Sin embargo, puede ser que este tipo de lugares no resulte del todo atractivo, sobre todo para los más pequeños de la casa y lo que planeamos como una tarde de celebración termine en un desastre familiar.

A continuación te damos algunos tips, que te servirán para que todos la pasen lo mejor posible en un restaurante que no es especial para niños.

No te quedes con la duda, pregunta...
1) Antes de llegar al restaurante llama para preguntar si puedes pedir la comida del pequeño por adelantado, esto puede minimizar los tiempos de espera. También pregunta si hay asientos especiales para niños.

2) Pide una buena mesa: puede ser cercana a una ventana, el pequeño puede entretenerse viendo pasar a otras personas o con el ir y venir del tráfico.

Los horarios
3) Trata de llegar antes o después de la hora más popular para no tener que esperar excesivamente.

4) En la medida de lo posible, debemos respetar los horarios de siesta y de comida de nuestros hijos. En el caso de los niños menores de dos años de edad lo más recomendable es llevarlos ya comidos, una vez estando en el restaurante podemos aprovechar que el pequeño duerma un poco para comer tranquilamente.
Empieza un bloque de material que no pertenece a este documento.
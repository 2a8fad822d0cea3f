-- ===== src/Tests/Sync.antt =====
-- novo_chat/gateway/sync.py: a notebook of three pages, in two exports.
use Prim.Native.String.{◌++◌ as append_text}
use novo_chat.Base.{ℕ, zero, suc, ◌≡◌, ◌+◌, refl, true, false, none, some, List, [], ◌∷◌, ◌++◌, map}
use mathlib.Core.List.{append_assoc}
use novo_chat.Base.Result.{ok, err}
use novo_chat.Base.Action.{Post}
use novo_chat.Gateway.Sync.{export_limit_exceeded}
use novo_chat.Gateway.Sync.Batches.{partition_page_batches, partition_from}
use novo_chat.Gateway.Sync.Batches.Exact.{Partitions, partition_page_batches-Partitions}
use novo_chat.Gateway.Sync.Missing.{missing_scope}
use novo_chat.Gateway.Sync.Missing.Worker.{status_row, missing_scope-index_status}
use novo_chat.Jobs.{Store}
use novo_chat.Jobs.Catalog.{activate_index, upsert_index, active_index, find_index}
use novo_chat.Protocol.Types.{NotebookScope}
use novo_chat.Worker.{ArtifactStatus}
use novo_chat.Worker.Endpoints.{index_status}
use novo_chat.Tests.Worker.{config, parts}
use novo_chat.Gateway.Sync.Polling.{Job, wait_for_job}
use novo_chat.Gateway.Sync.Polling.Done.{IsDone, wait_for_job-IsDone}
use novo_chat.Gateway.Sync.Export.{Clients, Settings, export_and_ingest}
use novo_chat.Gateway.Sync.Export.Bounded.{logged, Sent, export_and_ingest-Sent}
use novo_chat.Gateway.Sync.Checksum.{Hashlib, new_checksum, digest_of}
use novo_chat.Gateway.Sync.Checksum.Whole.{add_all, digest_of-add_all}
use novo_chat.Tests.Jobs.{test_lib, notebook, newer, full_store}

partition_page_batches-Partitions_example :
    Partitions
      (λ n. n)
      10
      (3 ∷ 4 ∷ 5 ∷ 9 ∷ [])
      (partition_page_batches (λ n. n) 10 (3 ∷ 4 ∷ 5 ∷ 9 ∷ []))
partition_page_batches-Partitions_example =
    partition_page_batches-Partitions (λ n. n) 10 (3 ∷ 4 ∷ 5 ∷ 9 ∷ [])

-- The last page is too large by itself.
partition_large :
    partition_page_batches (λ n. n) 10 (3 ∷ 4 ∷ 5 ∷ 9 ∷ [])
    ≡ ((3 ∷ 4 ∷ []) ∷ (5 ∷ []) ∷ [], err export_limit_exceeded)
unfolding partition_page_batches partition_from
partition_large = refl

-- One of two revisions has an active index.
abbrev indexed : Store test_lib
indexed = activate_index test_lib notebook "production" "a1" 1 full_store

missing_scope-index_status_example :
    (answer : List (NotebookScope × ArtifactStatus)) × (index_status test_lib parts config
        (some "req7")
        "req7"
        (notebook ∷ newer ∷ [])
        indexed
      ≡ (ok answer, indexed))
    × (missing_scope (notebook ∷ newer ∷ []) (some (map status_row answer)) ≡ ok (newer ∷ []))
unfolding activate_index upsert_index active_index find_index
missing_scope-index_status_example =
    missing_scope-index_status test_lib parts config "req7" (notebook ∷ newer ∷ []) indexed refl
      refl refl

abbrev done_job : Job
done_job = record { job_id = "job1"; operation = "ingest_batch"; state = "succeeded" }

abbrev queued_job : Job
queued_job = record done_job { state = "queued" }

wait_for_job-IsDone_example :
    Post
      (IsDone (λ id n. (ok done_job, n + 1)) "job1" "ingest_batch")
      (wait_for_job (λ id n. (ok done_job, n + 1)) 2 queued_job "ingest_batch" 0)
wait_for_job-IsDone_example =
    wait_for_job-IsDone (λ id n. (ok done_job, n + 1)) 2 queued_job "ingest_batch" 0

wait_returns :
    wait_for_job (λ id n. (ok done_job, n + 1)) 2 queued_job "ingest_batch" 0 ≡ (ok done_job, 1)
unfolding wait_for_job
wait_returns = refl

-- Each request takes a tick; a page is its bytes.
abbrev clients : Clients ℕ ℕ
clients = record {
  notebook_id = "nb1";
  page_id = λ n. elim n [ zero ↦ "zero" | suc m ↦ elim m [ zero ↦ "one" | suc _ ↦ "more" ] ];
  page_bytes = λ n. n;
  batch_checksum = λ batch. "batch";
  document_checksum = λ pages. "document";
  idempotency_key = λ operation numbers checksum. operation;
  export_pages = λ cursor t. elim cursor [
    | none ↦ (
      ok (record { documents = some (0 ∷ 1 ∷ []); complete = false; next_cursor = some "next" }),
      suc t,
    )
    | some _ ↦
        (ok (record { documents = some (4 ∷ []); complete = true; next_cursor = none }), suc t)
  ];
  ingest_batch = λ key number batch t. (ok done_job, suc t);
  ingest_finalize = λ key checksum pages batches t.
      (ok (record done_job { operation = "ingest_finalize" }), suc t);
  job_status = λ id t. (ok done_job, suc t);
}

abbrev settings : Settings
settings = record {
  novo_export_max_batches = 3;
  novo_export_max_pages = 3;
  ingest_batch_max_bytes = 6;
}

export_and_ingest-Sent_example :
    Post
      (λ summary s.
        (pages : List ℕ) × Sent clients settings 5 summary.page_count summary.batch_count pages s.1
        × (summary.document_checksum ≡ "document")
        × (summary.notebook_id ≡ "nb1"))
      (export_and_ingest (logged clients) settings 5 (0, []))
export_and_ingest-Sent_example = export_and_ingest-Sent clients settings 5 0

export_returns : export_and_ingest (logged clients) settings 5 (0, []) ≡ (
  ok (record {
    notebook_id = "nb1";
    page_count = 3;
    batch_count = 2;
    document_checksum = "document";
  }),
  (5, (0, 0 ∷ 1 ∷ []) ∷ (1, 4 ∷ []) ∷ []),
)
unfolding export_and_ingest partition_page_batches partition_from wait_for_job
export_returns = refl

-- A hash object is the bytes that it has hashed.
abbrev bytes_lib : Hashlib
bytes_lib = record {
  Hash = List ℕ;
  sha256 = [];
  update = λ h a. h ++ a;
  hexdigest = λ h. elim h [ [] ↦ "" | b ∷ rest ↦ "digest" ];
}

digest_of-add_all_example :
    digest_of bytes_lib
      (λ (n : ℕ). n ∷ [])
      (add_all bytes_lib
        (λ n. n ∷ [])
        (new_checksum bytes_lib (λ n. n ∷ []))
        ((1 ∷ 2 ∷ []) ∷ (3 ∷ []) ∷ []))
    ≡ append_text "sha256:" "digest"
digest_of-add_all_example =
    digest_of-add_all bytes_lib (λ (n : ℕ). n ∷ []) (λ h a b. append_assoc h a b)
      ((1 ∷ 2 ∷ []) ∷ (3 ∷ []) ∷ [])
5) Conoce los límites de tu hijo. La mayoría de los niños pequeños pueden aguantar quietos aproximadamente una hora y media. Cuando el mesero se acerque para que pidas tus bebidas, aprovecha para pedir de una vez tus alimentos.

¡Relájense!
6) No tiene caso pedir alimentos demasiado elaborados y caros para ellos, terminarán dejando la mayoría de la comida en el plato. Es mejor pedirles algún plato fácil de comer, como brochetas o deditos de queso. Luego se les va enseñando, con mucha paciencia, a esperar y a comer platillos más elaborados

7) Llevar algunos juguetes puede funcionar para distraerlos. También puedes llevarles colores, lápices y algunos libros para colorear.

8) Mantén la comunicación con tus hijos mientras toman los alimentos. Según algunos chefs, expertos en el tema, muchos padres que salen a comer con sus hijos, simplemente se olvidan de que los niños están ahí.

9) Pueden jugar al restaurante en la cocina de la casa. Cada uno puede desempeñar un rol y luego ir rotando los papeles. Esta es una forma divertida de enseñarle a los pequeños cómo deben comportarse.

10) Por último, toma cada salida a un restaurante como una experiencia educativa. Aunque salga mal una vez, puede ser mejor la próxima vez que intenten salir.